YOUR INSTRUCTIONS:
Which of the lines in the records below hold the string "false"? Copy every one of them.
------ RECORDS SUPPLIED
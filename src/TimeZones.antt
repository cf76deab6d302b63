-- ===== src/TimeZones.antt =====
-- Tactility/Source/app/timezone/TimeZone.cpp: the file of the time zones and how it is searched. A
-- file is the list of its bytes. The timer and the list on the screen are not modelled.
pub mod Rows
pub mod Search
pub mod Tests
use tactility_halo.Base.{
  ℕ, zero, suc, ◌+◌, ◌-◌, ◌%◌, ◌^◌, Bool, true, false, ◌||◌, List, [], ◌∷◌, ◌++◌, Option, none,
  some, ltb, ◌==◌, if◌then◌else◌, length, take, drop,
}
use tactility_halo.Text.{Str, find, lowercase}

pub record TimeZoneEntry : Type 0 where
  pub name : Str
  pub code : Str

abbrev pub quote : ℕ
quote = b'"'

abbrev pub newline : ℕ
newline = 10

-- `parseEntry` behind its first line. The outer `none` is an exception of `substr`, the inner one
-- is the result `false`.
unfoldable pub split_entry : Str → Option (Option (Str × Str))
split_entry partial_strip = elim (find (quote ∷ []) partial_strip) [
  | none ↦ some none
  | some first_end_quote ↦
      if ltb (length partial_strip) (first_end_quote + 3)
      then none
      else some
          (some (take first_end_quote partial_strip, drop (first_end_quote + 3) partial_strip))
]

-- The subtraction is one of `size_t`.
unfoldable pub parse_entry : Str → Option (Option (Str × Str))
parse_entry input =
    if length input == 0
    then none
    else split_entry (take ((length input + 2 ^ 64 - 3) % 2 ^ 64) (drop 1 input))

-- `fgets` with so many bytes of room in front of the closing 0: a line and the rest of the file.
unfoldable pub take_line : ℕ → List ℕ → List ℕ × List ℕ
take_line zero bytes = ([], bytes)
take_line (suc room) [] = ([], [])
take_line (suc room) (c ∷ rest) =
    let (line, left) = take_line room rest in
    if c == newline then (c ∷ [], rest) else (c ∷ line, left)

unfoldable pub fgets : ℕ → List ℕ → Option (List ℕ × List ℕ)
fgets size [] = none
fgets size (c ∷ bytes) = some (take_line (size - 1) (c ∷ bytes))

-- A buffer as a `std::string`.
unfoldable pub c_string : List ℕ → Str
c_string [] = []
c_string (c ∷ rest) = let tail = c_string rest in if c == 0 then [] else c ∷ tail

-- `thrown` is an exception that nothing catches; `out_of_fuel` is a loop that goes on.
pub data Reading : Type 0 where
  entries_read : List TimeZoneEntry → Reading
  thrown out_of_fuel : Reading

abbrev pub is_found : Option ℕ → Bool
is_found none = false
is_found (some i) = true

unfoldable pub matches : Str → Str → Bool
matches filter name = is_found (find filter (lowercase name))

-- The loop of `readTimeZones` on fuel.
unfoldable pub read_rows : ℕ → Str → ℕ → List TimeZoneEntry → List ℕ → Reading
read_rows zero filter count new_entries file = out_of_fuel
read_rows (suc fuel) filter count new_entries file = elim (fgets 96 file) [
  | none ↦ entries_read new_entries
  | some (line, rest) ↦ elim (parse_entry (c_string line)) [
    | none ↦ thrown
    | some none ↦ read_rows fuel filter count new_entries rest
    | some (some (name, code)) ↦ elim (matches filter name) [
      | false ↦ read_rows fuel filter count new_entries rest
      | true ↦ elim (ltb 50 (count + 1)) [
        | true ↦ entries_read (new_entries ++ record { name = name; code = code } ∷ [])
        | false ↦
            read_rows fuel filter (count + 1)
              (new_entries ++ record { name = name; code = code } ∷ []) rest
      ]
    ]
  ]
]

-- Each round takes a byte at least.
unfoldable pub read_time_zones : Str → List ℕ → Reading
read_time_zones filter file = read_rows (suc (length file)) filter 0 [] file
------------
THE ANSWER:
  ℕ, zero, suc, ◌+◌, ◌-◌, ◌%◌, ◌^◌, Bool, true, false, ◌||◌, List, [], ◌∷◌, ◌++◌, Option, none,
-- is the result `false`.
is_found none = false
      | false ↦ read_rows fuel filter count new_entries rest
        | false ↦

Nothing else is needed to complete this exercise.